Since this note appeared some time ago in arXiv [21], several related efforts have appeared that deserve comment: (A) single channel optimization with radial cutoffs [26] and (B) conventional algebra with a four channel line search [27,28]. In the first instance, the ONETEP group have implemented a single channel quotient scheme for the TDA and demonstrated linear scaling for a number of systems using the radial cutoff approach to achieve reduced complexity. In the radial cutoff approach, portions of the vector space are eliminated from the linear algebra when the Cartesian distance between associated atoms becomes greater than some cutoff radius (Going a step further, new technologies are emerging that achieve reduced complexity without truncation in the vector space [23,24].). The ONETEP paper is recommended by their careful discussion of radial cutoffs leading to artificial truncation in cases of long range charge transfer, e.g., Reference [26] Figure 5. In the current implementation, the filter operation eliminates elements of the vector space that are numerically small; in the case of long range charge transfer, extended conjugation, etc., an unphysical truncation does not occur. For problems without long range charge transfer or extended conjugation, for example large problems with well localized chromophores as in References [29,30], the complexity of QUIRQI with respect to system size becomes $\mathcal{O}\left(1\right)$.

In the second instance, the QUIRQI method has been extended to include two additional channels in the line search [27,28]; $\underset{\left\{\alpha ,\beta ,{\lambda }_p,{\lambda }_q\right\}}{argmin}\omega \left[\alpha \mathit{p}+{\lambda }_p{\mathit{h}}_p,\beta \mathit{q}+{\lambda }_q{\mathit{h}}_q\right]$. The authors claim without elaboration that “the solution by our 4D search is and can be much better (than the dual channel approach)” [28]. As shown in Figure (1), QUIRQI decouples in the first few steps achieving convergence equivalent to TDA[RQI], $R_{pq}\to 1,S_{pq}\to 0,T_{pq}\to 0,U_{pq}\to 0$ in Equation (3), so it is hard to understand this unsupported claim, considering also the imperative that $\alpha *\beta =1$ to maintain normalization. These claims are also undercut by apparently slow rates of convergence; compare for example Figure (1) of this work with Reference [27], especially Figure 3. These authors further claim without explanation that “dual channel optimization are not readily extensible to the subspace search” [28]. Again, its hard to understand how the dual channel case isn’t extensible to subspace schemes for finding multiple eigenvalues; the equivalent of (single channel) block RQI has been demonstrated in the ONETEP paper [26], and no obvious problems are foreseen with more sophisticated methods such as LOBPCG [31] for single or dual channel approaches.

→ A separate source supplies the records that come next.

-- ===== src/Task/Loop.antt =====
-- The semaphore of a task's queue counts its messages, so the loop never takes NULL.
use mathlib.Core.Path.{subst}
use mblue.Common.{
  ℕ, suc, ◌-◌, ◌≤◌, ◌<◌, ◌≡◌, ◌≢◌, refl, sym, ◌⊎◌, inl, inr, Bool-cases, some, none, List, [], ◌∷◌,
  ◌++◌, arith, length, ◌==◌, ltb, if◌then◌else◌,
}
use mblue.Errcode.{ok}
use mblue.MessageQueue.{queue_add, queue_remove}
use mblue.MessageQueue.Fifo.{first, rest}
use mblue.MessageQueue.Refines.{
  IsQueue, contents, queue_add_room, queue_remove_some, length-contents,
}
use mblue.Task.{Task, pointer, template_msg_post, template_proc_round}

abbrev AllPointers : List ℕ → Type 0
AllPointers [] = Unit {0}
AllPointers (x ∷ xs) = (x ≢ 0) × AllPointers xs

-- The queue is well formed, holds no NULL, and `msg_sem` counts what it holds.
pub record IsTask (t : Task) : Type 0 where
  pub well_formed : IsQueue t.mq
  pub counted : t.msg_sem ≡ t.mq.size
  pub pointers : AllPointers (contents t.mq)

append-AllPointers : (xs : List ℕ) (m : ℕ) → AllPointers xs → AllPointers (xs ++ (suc m ∷ []))
append-AllPointers [] m h = (λ e. omega arith, tt)
append-AllPointers (x ∷ xs) m h = (h.0, append-AllPointers xs m h.1)

rest-AllPointers : (xs : List ℕ) → AllPointers xs → AllPointers (rest xs)
unfolding rest
rest-AllPointers [] h = tt
rest-AllPointers (x ∷ xs) h = h.1

-- With room in the queue the message waits behind the others.
pub post_room :
    (t : Task) (msg : ℕ)
    → IsTask t
    → t.mq.size < t.mq.capacity
    → ((template_msg_post t msg).0 ≡ ok)
      × (contents (template_msg_post t msg).1.mq ≡ contents t.mq ++ (pointer msg ∷ []))
      × IsTask (template_msg_post t msg).1
unfolding template_msg_post
post_room t msg w room =
    let (replies, holds, valid, size, capacity) =
      queue_add_room t.mq (pointer msg) w.well_formed room in
    rw (replies, template_msg_post)
      (
        refl,
        holds,
        record {
          well_formed = valid;
          counted = omega (arith, w.counted, size);
          pointers =
              subst AllPointers (sym holds) (append-AllPointers (contents t.mq) msg w.pointers);
        },
      )

post_full : (t : Task) (msg : ℕ) → t.mq.capacity ≤ t.mq.size → template_msg_post t msg ≡ (ok, t)
unfolding template_msg_post queue_add
post_full t msg full = ground arith

-- The sender of a message is always told MBLUE_OK. With room in the queue of the task the message
-- waits behind the others and is counted; in a full queue it is dropped. The task stays well formed.
pub template_msg_post_lem :
    (t : Task) (msg : ℕ)
    → IsTask t
    → ((template_msg_post t msg).0 ≡ ok)
      × (contents (template_msg_post t msg).1.mq ≡ (
          if ltb t.mq.size t.mq.capacity
          then contents t.mq ++ (pointer msg ∷ [])
          else contents t.mq))
      × IsTask (template_msg_post t msg).1
template_msg_post_lem t msg w = elim (Bool-cases (ltb t.mq.size t.mq.capacity)) [
  | inl room ↦ rw room (post_room t msg w (ground (arith, room)))
  | inr full ↦ let same = post_full t msg (ground (arith, full)) in rw (full, same) (refl, refl, w)
]

head_pointer : (xs : List ℕ) → AllPointers xs → 0 < length xs → first xs ≢ 0
unfolding first
head_pointer [] h lt = absurd (omega arith)
head_pointer (x ∷ xs) h lt = h.0

first-rest : (xs : List ℕ) → 0 < length xs → xs ≡ first xs ∷ rest xs
unfolding first rest
first-rest [] h = absurd (omega arith)
first-rest (x ∷ xs) h = refl

nil_of_length : (xs : List ℕ) → length xs ≡ 0 → xs ≡ []
nil_of_length [] h = refl
nil_of_length (x ∷ xs) h = absurd (omega arith)

-- A round of the loop blocks exactly on an empty queue; otherwise it takes the message that has
-- waited longest, which is not NULL, and leaves the others in order.
pub template_proc_round_lem :
    (t : Task)
    → IsTask t
    → ((template_proc_round t ≡ none) × (contents t.mq ≡ []))
      ⊎ ((m : ℕ) × (t' : Task) × (template_proc_round t ≡ some (m, t'))
          × (m ≢ 0)
          × (contents t.mq ≡ m ∷ contents t'.mq)
          × IsTask t')
unfolding template_proc_round
template_proc_round_lem t w = elim (Bool-cases (t.msg_sem == 0)) [
  | inl empty ↦
      inl
        (rw empty, nil_of_length (contents t.mq) (ground (arith, length-contents t.mq, w.counted)))
  | inr waiting ↦
      let some_left : 0 < t.mq.size = ground (arith, w.counted) in
      let (taken, left, valid, size) = queue_remove_some t.mq w.well_formed some_left in
      let filled : 0 < length (contents t.mq) = omega (arith, length-contents t.mq) in
      inr (
        (queue_remove t.mq).0,
        record t { mq = (queue_remove t.mq).1; msg_sem = t.msg_sem - 1 },
        rw waiting,
        rw taken (head_pointer (contents t.mq) w.pointers filled),
        rw (taken, left) (first-rest (contents t.mq) filled),
        record {
          well_formed = valid;
          counted = omega (arith, size, w.counted);
          pointers = subst AllPointers (sym left) (rest-AllPointers (contents t.mq) w.pointers);
        },
      )
]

To summarize, the QUIRQI method is characterized by two innovations: First, dual channel optimization separates the Tsipper functional into two, nearly independent quotients that cannot be further improved by additional channels in the line search. Reflecting this separation, convergence of the TD-SCF matrix eigenproblem with QUIRQUI is found to be equivalent to the single quotient matrix eigenproblem in the Tamm-Dancoff approximation, as shown in Figure 1. Second, the method is variational with respect to an incomplete linear algebra, controlled in this work through the filter threshold ${\tau }_{\mathrm{mtx}}$ [15,16,17], as shown in Figure 2 and Figure 3. While QUIRQI is not variational with respect to the screening parameter ${\tau }_{2\mathrm{e}}$, the solution can be systematically improved by tightening ${\tau }_{2\mathrm{e}}$ [18], in comparison to nested subspace methods that encounter an iterative accumulation of errors [19,20]. Indeed, eigensolution posed as optimization provides considerable flexibility in choosing a path to solution, offering opportunities for mixed precision GPU acceleration [32] and variable thresholding (tightening the parameter ${\tau }_{2\mathrm{e}}$ during convergence).